Como os governos federal e estaduais, também as prefeituras precisam ajustar seus orçamentos. Mas, para muitas delas, a queda de receita está sendo muito rápida. Em ato de protesto contra a redução das transferências do FPM, várias prefeituras do Paraná fecharam suas portas, mantendo em operação apenas os serviços essenciais. É um sinal claro de que os prefeitos já mal se lembram da grande festa política organizada pelo governo em Brasília no início de fevereiro, para anunciar o que chamou de "pacote de bondades" para as prefeituras, mas cujo objetivo era mesmo criar um palanque para a ministra-chefe da Casa Civil, Dilma Rousseff, que Lula quer transformar em candidata do PT a sua sucessão.
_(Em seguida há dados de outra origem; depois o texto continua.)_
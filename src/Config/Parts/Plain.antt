-- ===== src/Config/Parts/Plain.antt =====
-- crates/core/src/config.rs: compression, TLS, the admin's credentials and logging are read back.
use ferro_http.Base.{◌^◌, ◌≤◌, ◌≡◌, refl, true, [], ◌∷◌, codes, bytes_eq, utf8_valid}
use ferro_http.Json.{Float, get, find_member}
use ferro_http.Config.{CompressionConfig, LoggingConfig, TlsConfig, AdminConfig}
use ferro_http.Config.Read.{
  read_field, read_bool, read_string, read_usize, read_compression, read_tls, read_admin,
  read_logging,
}
use ferro_http.Config.Write.{
  escape_byte, escape_json, compression_text, tls_text, admin_text, logging_text,
}
use ferro_http.Config.Members.{Field, entry, members_of}
use ferro_http.Config.Fields.{
  IsExact, as_u64-exact, text_field, bool_field, number_field, object_field,
}
use ferro_http.Config.Parts.{Part, usize_of-small}

module _ {F : Type 0} (float : Float F) (exact : IsExact float) where
  pub compression-Part :
      (c d : CompressionConfig)
      → c.min_bytes ≤ 2 ^ 53
      → Part float (compression_text c) (λ v. read_compression float v d) c
  unfolding compression_text read_compression read_field read_bool read_usize get find_member
      bytes_eq escape_json escape_byte utf8_valid entry members_of
  compression-Part c d fits = record {
    value = field.value;
    starts = field.text_starts;
    text_reads = field.text_reads;
    read_back =
        rw
          (
            as_u64-exact float exact c.min_bytes fits,
            usize_of-small (codes "min_bytes") (codes "compression") c.min_bytes fits,
          )
          refl;
  }
    where
      field : Field float 2
      field =
          object_field float 1 (codes "compression") (codes "  ") (codes "    ")
            (bool_field float 1 (codes "gzip") c.gzip refl)
            (number_field float 1 (codes "min_bytes") c.min_bytes refl exact fits ∷ []) refl refl
            refl

module _ {F : Type 0} (float : Float F) where
  pub tls-Part :
      (c d : TlsConfig)
      → utf8_valid c.cert_path ≡ true
      → utf8_valid c.key_path ≡ true
      → Part float (tls_text c) (λ v. read_tls float v d) c
  unfolding tls_text read_tls read_field read_bool read_string get find_member bytes_eq escape_json
      escape_byte utf8_valid entry members_of
  tls-Part c d cert_valid key_valid = record {
    value = field.value;
    starts = field.text_starts;
    text_reads = field.text_reads;
    read_back = refl;
  }
    where
      field : Field float 2
      field =
          object_field float 1 (codes "tls") (codes "  ") (codes "    ")
            (bool_field float 1 (codes "enabled") c.enabled refl)
            (text_field float 1 (codes "cert_path") c.cert_path refl cert_valid
              ∷ text_field float 1 (codes "key_path") c.key_path refl key_valid
              ∷ [])
            refl refl refl

  pub admin-Part :
      (c d : AdminConfig)
      → utf8_valid c.username ≡ true
      → utf8_valid c.password_sha256 ≡ true
      → Part float (admin_text c) (λ v. read_admin float v d) c
  unfolding admin_text read_admin read_field read_string get find_member bytes_eq escape_json
      escape_byte utf8_valid entry members_of
  admin-Part c d name_valid password_valid = record {
    value = field.value;
    starts = field.text_starts;
    text_reads = field.text_reads;
    read_back = refl;
  }
    where
      field : Field float 2
      field =
          object_field float 1 (codes "admin") (codes "  ") (codes "    ")
            (text_field float 1 (codes "username") c.username refl name_valid)
            (text_field float 1 (codes "password_sha256") c.password_sha256 refl password_valid
              ∷ [])
            refl refl refl

  pub logging-Part :
      (c d : LoggingConfig)
      → utf8_valid c.level ≡ true
      → Part float (logging_text c) (λ v. read_logging float v d) c
  unfolding logging_text read_logging read_field read_bool read_string get find_member bytes_eq
      escape_json escape_byte utf8_valid entry members_of
  logging-Part c d valid = record {
    value = field.value;
    starts = field.text_starts;
    text_reads = field.text_reads;
    read_back = refl;
  }
    where
      field : Field float 2
      field =
          object_field float 1 (codes "logging") (codes "  ") (codes "    ")
            (text_field float 1 (codes "level") c.level refl valid)
            (bool_field float 1 (codes "access_log") c.access_log refl ∷ []) refl refl refl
Para algumas prefeituras, fechar as portas é um ato simbólico de protesto. Para outras, entretanto, pode tornar-se uma necessidade. O problema é mais grave nos municípios menores, que mais dependem das transferências da União e dos Estados. Um estudo do BNDES, com base em dados de 2006, mostra que as prefeituras dos municípios com menos de 20 mil habitantes arrecadam diretamente apenas 5,4% das receitas que compõem seu orçamento. Todo o resto, ou praticamente 95%, é transferência, sendo 40,3% do FPM. Outras transferências federais são feitas para programas de saúde e educação e há também as transferências voluntárias.
Os prefeitos querem compensações pelas perdas, diz o presidente da Associação dos Municípios do Paraná, Moacyr Elias Fadel Júnior. No entanto, por mais "carinho" que o presidente da República dedique à reivindicação, é difícil descobrir meios pelos os quais o governo federal poderá oferecer as compensações pedidas. Tudo o que transferir adicionalmente para as prefeituras terá de resultar de cortes de outras despesas. O governo Lula, às voltas com seus próprios problemas fiscais, cortará gastos próprios para beneficiar prefeituras?
O ministro das Relações Institucionais, José Múcio Monteiro, reconhece a procedência do pedido e admite que, para aliviar a situação dos municípios, o governo poderá liberar as emendas ao Orçamento da União feitas pelos congressistas e que foram congeladas. Mas essas verbas são carimbadas, isto é, têm destinação própria e compulsória, e não resolverão o problema de caixa dos prefeitos.
A crise atinge a arrecadação tributária dos três níveis de governo e a hora é de contenção de gastos.